#### Material shown
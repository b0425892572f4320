-- ===== src/Session/Isize.antt =====
-- The arithmetic of `isize` on a machine of 64 bits: the casts wrap around, and a subtraction that
-- does not fit panics, as in a build with checks for overflow.
use dce_rust.Base.{
  ℕ, suc, ◌+◌, ◌-◌, ◌%◌, ◌^◌, ◌≤◌, ◌<◌, ◌≡◌, refl, ap, ◌∙◌, Bool, true, false, arith, ltb, leb,
  Bool-cases, ◌⊎◌, inl, inr, sym, if◌then◌else◌,
}
use dce_rust.Error.{ℤ, pos, negsuc, Outcome, ok, panics, ◌>>=◌}

unfoldable pub as_isize : ℕ → ℤ
as_isize n =
    let wrapped = n % 2 ^ 64 in
    if ltb wrapped (2 ^ 63) then pos wrapped else negsuc (2 ^ 64 - 1 - wrapped)

-- The difference of two natural numbers.
unfoldable pub diff : ℕ → ℕ → ℤ
diff a b = if leb b a then pos (a - b) else negsuc (b - a - 1)

unfoldable pub sub_int : ℤ → ℤ → ℤ
unfolding diff
sub_int (pos a) (pos b) = diff a b
sub_int (pos a) (negsuc b) = pos (a + suc b)
sub_int (negsuc a) (pos b) = negsuc (a + b)
sub_int (negsuc a) (negsuc b) = diff b a

unfoldable pub is_isize : ℤ → Bool
is_isize (pos a) = ltb a (2 ^ 63)
is_isize (negsuc a) = ltb a (2 ^ 63)

unfoldable pub checked_sub : ℤ → ℤ → Outcome ℤ
unfolding sub_int is_isize
checked_sub x y = let d = sub_int x y in if is_isize d then ok d else panics

-- The seconds since a renewal was due.
unfoldable pub seconds_from_renew : ℕ → ℕ → ℕ → Outcome ℤ
unfolding as_isize checked_sub
seconds_from_renew secs create_stamp interval =
    checked_sub (as_isize secs) (as_isize create_stamp) >>= λ age.
    checked_sub age (as_isize interval)

as_isize_small : (n : ℕ) → n < 2 ^ 63 → as_isize n ≡ pos n
unfolding as_isize
as_isize_small n h =
    let same : n % 2 ^ 64 ≡ n = omega arith in
    let small : ltb (n % 2 ^ 64) (2 ^ 63) ≡ true = ground arith in rw small (ap pos same)

as_isize_large : (n : ℕ) → 2 ^ 63 ≤ n → n < 2 ^ 64 → as_isize n ≡ negsuc (2 ^ 64 - 1 - n)
unfolding as_isize
as_isize_large n h k =
    let same : n % 2 ^ 64 ≡ n = omega arith in
    let large : ltb (n % 2 ^ 64) (2 ^ 63) ≡ false = ground arith in
    rw large (ap (λ m. negsuc (2 ^ 64 - 1 - m)) same)

pub diff_pos : (a b : ℕ) → b ≤ a → diff a b ≡ pos (a - b)
unfolding diff
diff_pos a b h = let t : leb b a ≡ true = ground arith in rw t refl

diff_negsuc : (a b : ℕ) → a < b → diff a b ≡ negsuc (b - a - 1)
unfolding diff
diff_negsuc a b h = let f : leb b a ≡ false = ground arith in rw f refl

le_or_lt : (a b : ℕ) → (a ≤ b) ⊎ (b < a)
le_or_lt a b = elim (Bool-cases (leb a b)) [
  | inl t ↦ inl (ground arith)
  | inr f ↦ inr (ground arith)
]

checked_sub-ok : (x y d : ℤ) → sub_int x y ≡ d → is_isize d ≡ true → checked_sub x y ≡ ok d
unfolding checked_sub
checked_sub-ok x y d e h = rw e (rw h refl)

checked_sub-panics : (x y d : ℤ) → sub_int x y ≡ d → is_isize d ≡ false → checked_sub x y ≡ panics
unfolding checked_sub
checked_sub-panics x y d e h = rw e (rw h refl)

checked_diff : (a b : ℕ) → a < 2 ^ 63 → b < 2 ^ 63 → checked_sub (pos a) (pos b) ≡ ok (diff a b)
unfolding sub_int is_isize
checked_diff a b h k = elim (le_or_lt b a) [
  | inl l ↦
      let fits : is_isize (pos (a - b)) ≡ true = ground arith in
      checked_sub-ok (pos a) (pos b) (pos (a - b)) (diff_pos a b l) fits
      ∙ ap ok (sym (diff_pos a b l))
  | inr l ↦
      let fits : is_isize (negsuc (b - a - 1)) ≡ true = ground arith in
      checked_sub-ok (pos a) (pos b) (negsuc (b - a - 1)) (diff_negsuc a b l) fits
      ∙ ap ok (sym (diff_negsuc a b l))
]

checked_negsuc : (a b : ℕ) → a + b < 2 ^ 63 → checked_sub (negsuc a) (pos b) ≡ ok (negsuc (a + b))
unfolding sub_int is_isize
checked_negsuc a b h =
    let fits : is_isize (negsuc (a + b)) ≡ true = ground arith in
    checked_sub-ok (negsuc a) (pos b) (negsuc (a + b)) refl fits

diff-diff : (a b c : ℕ) → b ≤ a → diff (a - b) c ≡ diff a (b + c)
diff-diff a b c h = elim (le_or_lt (b + c) a) [
  | inl l ↦
      let same : a - b - c ≡ a - (b + c) = omega arith in
      diff_pos (a - b) c (omega arith) ∙ (ap pos same ∙ sym (diff_pos a (b + c) l))
  | inr l ↦
      let same : c - (a - b) - 1 ≡ b + c - a - 1 = omega arith in
      diff_negsuc (a - b) c (omega arith) ∙ (ap negsuc same ∙ sym (diff_negsuc a (b + c) l))
]

negsuc-diff : (a b c : ℕ) → a < b → negsuc (b - a - 1 + c) ≡ diff a (b + c)
negsuc-diff a b c h =
    let same : b - a - 1 + c ≡ b + c - a - 1 = omega arith in
    ap negsuc same ∙ sym (diff_negsuc a (b + c) (omega arith))

-- The seconds are exact for a time and a creation within 62 bits.
pub seconds_from_renew-exact :
    (secs create_stamp interval : ℕ)
    → secs < 2 ^ 62
    → create_stamp < 2 ^ 62
    → interval < 2 ^ 16
    → seconds_from_renew secs create_stamp interval ≡ ok (diff secs (create_stamp + interval))
unfolding seconds_from_renew
seconds_from_renew-exact secs stamp interval a b c =
    rw
      (
        as_isize_small secs (omega arith),
        as_isize_small stamp (omega arith),
        as_isize_small interval (omega arith),
      )
      (elim (le_or_lt stamp secs) [
        | inl h ↦ rw (checked_diff secs stamp (omega arith) (omega arith)) (
            rw (diff_pos secs stamp h) (
              checked_diff (secs - stamp) interval (omega arith) (omega arith)
              ∙ ap ok (diff-diff secs stamp interval h)))
        | inr h ↦ rw (checked_diff secs stamp (omega arith) (omega arith)) (
            rw (diff_negsuc secs stamp h) (
              checked_negsuc (stamp - secs - 1) interval (omega arith)
              ∙ ap ok (negsuc-diff secs stamp interval h)))
      ])

-- A creation that a session id dates beyond 63 bits, by no more than the present time, panics.
pub seconds_from_renew-panics :
    (secs create_stamp interval : ℕ)
    → secs < 2 ^ 63
    → 2 ^ 63 ≤ create_stamp
    → create_stamp < 2 ^ 64
    → create_stamp ≤ secs + 2 ^ 63
    → seconds_from_renew secs create_stamp interval ≡ panics
unfolding seconds_from_renew sub_int is_isize
seconds_from_renew-panics secs stamp interval a b c d =
    rw
      (
        as_isize_small secs a,
        as_isize_large stamp b c,
        checked_sub-panics (pos secs) (negsuc (2 ^ 64 - 1 - stamp)) _ refl (ground arith),
      )
      refl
########
> **Work request**: Copy out the range of lines above starting at the line with "checked_sub-ok (pos a) (pos b) (pos" and ending at the line with "checked_sub-ok (negsuc a)", exactly and including both.

> **Output of the task**:
      checked_sub-ok (pos a) (pos b) (pos (a - b)) (diff_pos a b l) fits
      ∙ ap ok (sym (diff_pos a b l))
  | inr l ↦
      let fits : is_isize (negsuc (b - a - 1)) ≡ true = ground arith in
      checked_sub-ok (pos a) (pos b) (negsuc (b - a - 1)) (diff_negsuc a b l) fits
      ∙ ap ok (sym (diff_negsuc a b l))
]

checked_negsuc : (a b : ℕ) → a + b < 2 ^ 63 → checked_sub (negsuc a) (pos b) ≡ ok (negsuc (a + b))
unfolding sub_int is_isize
checked_negsuc a b h =
    let fits : is_isize (negsuc (a + b)) ≡ true = ground arith in
    checked_sub-ok (negsuc a) (pos b) (negsuc (a + b)) refl fits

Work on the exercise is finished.